Anyway, just for the sake of completeness, I conceived the following workaround:

def merger(l):
     image = l[1]
     indexes = T.tensor.iround(l[0])
     index_0 = indexes[:,0]
     index_1 = indexes[:,1]
     index_2 = indexes[:,2]
     index_3 = indexes[:,3]
     nb_of_samples = T.tensor.shape(index_0)[0]
     cropped_image = T.tensor.zeros_like(image)
     for i in range(nb_of_samples):
         cropped_image = T.tensor.setsubtensor(cropped_image[i,min(index_0[i],index_1[i]):max(index_0[i],index_1[i])+1,min(index_2[i],index_3[i]):max(index_2[i],index_3[i])+1,:], image[i,min(index_0[i],index_1[i]):max(index_0[i],index_1[i])+1,min(index_2[i],index_3[i]):max(index_2[i],index_3[i])+1,:])
     return cropped_image

which almost does what I expect it to do. In fact

'TensorVariable' object cannot be interpreted as an integer

even though the index_j[i] is TensorVariable with dtype=int64 and scalar dimension.

patyork commented 7 years ago

You've switched from Symbolic computing (Theano) to python computing via the use of a for loop; python works with Integers/Floats/etc. and Theano works with Tensors. You'll need to either convert everything to integers/numpy arrays, do your loop on the CPU and convert back to Theano tensors (which will in all likelihood break the graph and autodifferentiation) or use the Theano looping functionality via scan.

nouiz commented 7 years ago

If the number of iterations of the loop is small and fixed, then you can use the for loop to build a bigger Theano graph and don't use scan.

Le 9 janv. 2017 11:48, "Pat York" notifications@github.com a écrit :

You've switched from Symbolic computing (Theano) to python computing via the use of a for loop; python works with Integers/Floats/etc. and Theano works with Tensors.
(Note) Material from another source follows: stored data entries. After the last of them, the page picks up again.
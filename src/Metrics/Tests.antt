-- ===== src/Metrics/Tests.antt =====
-- Small runs of the metrics, with simple clients, and the theorems at concrete inputs.
use iveri_nest_sdk.Common.{
  ℕ, ◌+◌, ◌-◌, ◌≡◌, refl, Bool, false, Option, none, some, List, [], ◌∷◌, ◌++◌, if◌then◌else◌,
}
use iveri_nest_sdk.Common.Text.{Text, codes, text_eq, includes}
use iveri_nest_sdk.Outbox.Retry.{Fraction}
use iveri_nest_sdk.Exception.Value.{object, property, no_more, text}
use iveri_nest_sdk.Exception.Route.{is_infrastructure_route, infrastructure_route_prefixes}
use iveri_nest_sdk.Metrics.Client.{Meters, LabelledGauge, IsLabelledGauge}
use iveri_nest_sdk.Metrics.Http.{MetricsService, Request, Tracked, Ending}
use iveri_nest_sdk.Metrics.Http.InFlight.{Event, arrive, end_at, Server, run}
use iveri_nest_sdk.Metrics.Depth.{pending, Collected, DepthLabels, refresh_queue_depth}
use iveri_nest_sdk.Metrics.Depth.Scrape.{labels_eq, refresh_queue_depth-exact}
use iveri_nest_sdk.Metrics.Pool.{PoolState, in_use, pool_state_eq, number, other, Master, refresh}
use iveri_nest_sdk.Metrics.Sweep.{LabelledCounter, IsLabelledCounter, SweepMetrics, Success, added}
use iveri_nest_sdk.Metrics.Registry.{MetricsModuleOptions, RegistryClient, IsRegistryClient}

-- A gauge and a counter that count, and a histogram that counts its observations.
abbrev meters : Meters ℕ ℕ ℕ
meters = record {
  inc = λ g. g + 1;
  dec = λ g. g - 1;
  count = λ l c. c + 1;
  observe = λ l d h. h + 1;
  total = λ c. c;
}

abbrev get_users : Request
get_users = record { method = codes "GET"; original_url = codes "/users?page=2"; url = codes "/" }

abbrev scrape : Request
scrape = record { method = codes "GET"; original_url = codes "/metrics"; url = codes "/" }

abbrev ending : Ending
ending = record {
  base_url = [];
  route = object (property "path" (text (codes "/users")) no_more);
  status_code = 200;
  now = 900;
}

abbrev idle : MetricsService ℕ ℕ ℕ
idle = record { http_in_flight = 0; http_requests = 0; http_duration = 0 }

abbrev tracked_at : ℕ → Tracked
tracked_at now = record { method = codes "GET"; started_at = now; recorded = false }

abbrev quiet : Server ℕ ℕ ℕ
quiet = record { service = idle; tracked = [] }

-- Two requests and a scrape, of which the first request is ended twice.
abbrev traffic : List Event
traffic =
    arrive get_users 100
    ∷ arrive scrape 150
    ∷ arrive get_users 200
    ∷ end_at 1 ending
    ∷ end_at 1 ending
    ∷ end_at 7 ending
    ∷ []

traffic_test : (run meters infrastructure_route_prefixes traffic quiet).service.http_in_flight ≡ 1
unfolding run is_infrastructure_route
traffic_test = refl

-- A gauge as the function of its values.
abbrev function_gauge :
    {Label Value : Type 0}
    → (Label → Label → Bool)
    → LabelledGauge Label Value (Label → Option Value)
function_gauge same = record {
  same = same;
  set = λ k v s l. if same k l then some v else s l;
  reset = λ s l. none;
  value = λ l s. s l;
}

function_gauge_laws :
    {Label Value : Type 0} (same : Label → Label → Bool)
    → IsLabelledGauge (function_gauge {Value = Value} same)
function_gauge_laws same = record { value-set = λ l k v s. refl; value-reset = λ l s. refl }

abbrev depths : LabelledGauge DepthLabels ℕ (DepthLabels → Option ℕ)
depths = function_gauge labels_eq

abbrev deliveries : Collected ℕ
deliveries = record {
  queue = codes "delivery";
  readings = some (record { state = pending; depth = 4 } ∷ []);
}

abbrev dispatches : Collected ℕ
dispatches = record { queue = codes "dispatch"; readings = none }

abbrev stale : DepthLabels → Option ℕ
stale l = some 9

refresh_queue_depth-exact_example :
    refresh_queue_depth depths
      (dispatches ∷ deliveries ∷ [])
      stale
      (record { queue = codes "delivery"; state = pending })
    ≡ some 4
refresh_queue_depth-exact_example =
    refresh_queue_depth-exact depths (function_gauge_laws labels_eq) (λ k l. refl) (dispatches ∷ [])
      [] deliveries pending stale (refl, tt) tt

failed_test :
    refresh_queue_depth depths
      (dispatches ∷ deliveries ∷ [])
      stale
      (record { queue = codes "dispatch"; state = pending })
    ≡ none
unfolding refresh_queue_depth
failed_test = refl

abbrev connections : LabelledGauge PoolState ℕ (PoolState → Option ℕ)
connections = function_gauge pool_state_eq

-- A pool whose counts are all 7, and one that does not count.
abbrev pool : Master ℕ
pool = Master.object (λ name. number 7)

abbrev odd_pool : Master ℕ
odd_pool = Master.object (λ name. other)

odd_pool_test : refresh (λ a b. a - b) connections odd_pool (λ state. some 3) in_use ≡ none
unfolding refresh
odd_pool_test = refl

abbrev rows : LabelledCounter Text (Text → Option ℕ)
rows = record {
  inc = λ k n s l. if text_eq k l then some (added n (s l)) else s l;
  count = λ l s. s l;
}

rows_laws : IsLabelledCounter rows
rows_laws = record { count-inc = λ l k n s. refl }

abbrev last_success : LabelledGauge Text Fraction (Text → Option Fraction)
last_success = function_gauge text_eq

abbrev unswept : SweepMetrics (Text → Option Fraction) (Text → Option ℕ)
unswept = record { last_success = λ l. none; rows = λ l. none }

abbrev sweeps : List Success
sweeps =
    record { sweep = codes "tokens"; rows = 5; now = 3000 }
    ∷ record { sweep = codes "outbox"; rows = 2; now = 3500 }
    ∷ record { sweep = codes "tokens"; rows = 0; now = 7000 }
    ∷ []

-- A registry as the list of its names.
abbrev default_names : List Text
default_names = codes "process_cpu_user_seconds_total" ∷ codes "nodejs_eventloop_lag_seconds" ∷ []

abbrev registry : RegistryClient (List Text)
registry = record {
  set_default_labels = λ labels s. s;
  collect_default_metrics = λ s. default_names ++ s;
  register = λ c s. if includes s c.name then none else some (c.name ∷ s);
  clear = λ s. [];
  names = λ s. s;
}

registry_laws : IsRegistryClient registry default_names
registry_laws = record {
  names-labels = λ labels s. refl;
  names-default = λ s. refl;
  register-free = λ c s free. (c.name ∷ s, rw free refl, refl);
  register-taken = λ c s taken. rw taken refl;
  names-clear = λ s. refl;
}

abbrev options : MetricsModuleOptions
options = record {
  service_name = codes "conduit-api";
  default_labels = [];
  collect_default_metrics = none;
  ignored_routes = none;
}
You'll need to either convert everything to integers/numpy arrays, do your loop on the CPU and convert back to Theano tensors (which will in all likelihood break the graph and autodifferentiation) or use the Theano looping functionality via scan.

— You are receiving this because you are subscribed to this thread. Reply to this email directly, view it on GitHub https://github.com/fchollet/keras/issues/4966#issuecomment-271337370, or mute the thread https://github.com/notifications/unsubscribe-auth/AALC-6kRoeZG3FbgKwCSB7sikwQeBcR2ks5rQmTEgaJpZM4Ldyfg .
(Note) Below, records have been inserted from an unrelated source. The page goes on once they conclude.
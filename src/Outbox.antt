-- ===== src/Outbox.antt =====
-- src/outbox
pub mod Event
pub mod Retry
pub mod Repository
pub mod Processor
pub mod System
pub mod Draining
mod Tests
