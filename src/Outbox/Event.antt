-- ===== src/Outbox/Event.antt =====
-- Rows of an outbox table: src/outbox/outbox-event.entity.ts, src/outbox/outbox-event-status.enum.ts
-- and the columns of src/entity/base.entity.ts that the queries read.
--
-- Ids and tokens are UUIDs, numbers of 128 bits that are only compared. Times are milliseconds.
-- A text is the list of its UTF-16 code units.
use iveri_nest_sdk.Common.{ℕ, Bool, true, false, Option, none, some, List, ◌==◌}
use iveri_nest_sdk.Common.Text.{Text}

pub data OutboxEventStatus : Type 0 where
  pending processing published dead_letter : OutboxEventStatus

abbrev pub status_eq : OutboxEventStatus → OutboxEventStatus → Bool
status_eq OutboxEventStatus.pending OutboxEventStatus.pending = true
status_eq OutboxEventStatus.processing OutboxEventStatus.processing = true
status_eq OutboxEventStatus.published OutboxEventStatus.published = true
status_eq OutboxEventStatus.dead_letter OutboxEventStatus.dead_letter = true
status_eq _ _ = false

pub record OutboxEvent : Type 0 where
  pub id : ℕ
  pub tenant_id : ℕ
  pub created_at : ℕ
  pub deleted_at : Option ℕ
  pub status : OutboxEventStatus
  pub attempt_count : ℕ
  pub next_attempt_at : Option ℕ
  pub claimed_at : Option ℕ
  pub claim_token : Option ℕ
  pub published_at : Option ℕ
  pub last_error : Option Text

abbrev pub Table : Type 0
Table = List OutboxEvent

-- What a processor holds of a row that it claimed.
pub record Claim : Type 0 where
  pub id : ℕ
  pub tenant_id : ℕ
  pub claim_token : ℕ

abbrev pub is_some_eq : Option ℕ → ℕ → Bool
is_some_eq none n = false
is_some_eq (some m) n = m == n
bstriner commented 7 years ago

@LukeMathWalker the trickier issue you are going to have is when you train. If your network outputs indexes, those are discrete steps, so backprop won't work.

If you want to be able to backprop so your network actually learns how to crop, you need to make everything differentiable. That means the crops are real numbers and you interpolate to get fractional cropping.

Depending on what you're trying to do, you could rescale all of the crops to the same size, and then you could do multiple crops in a batch.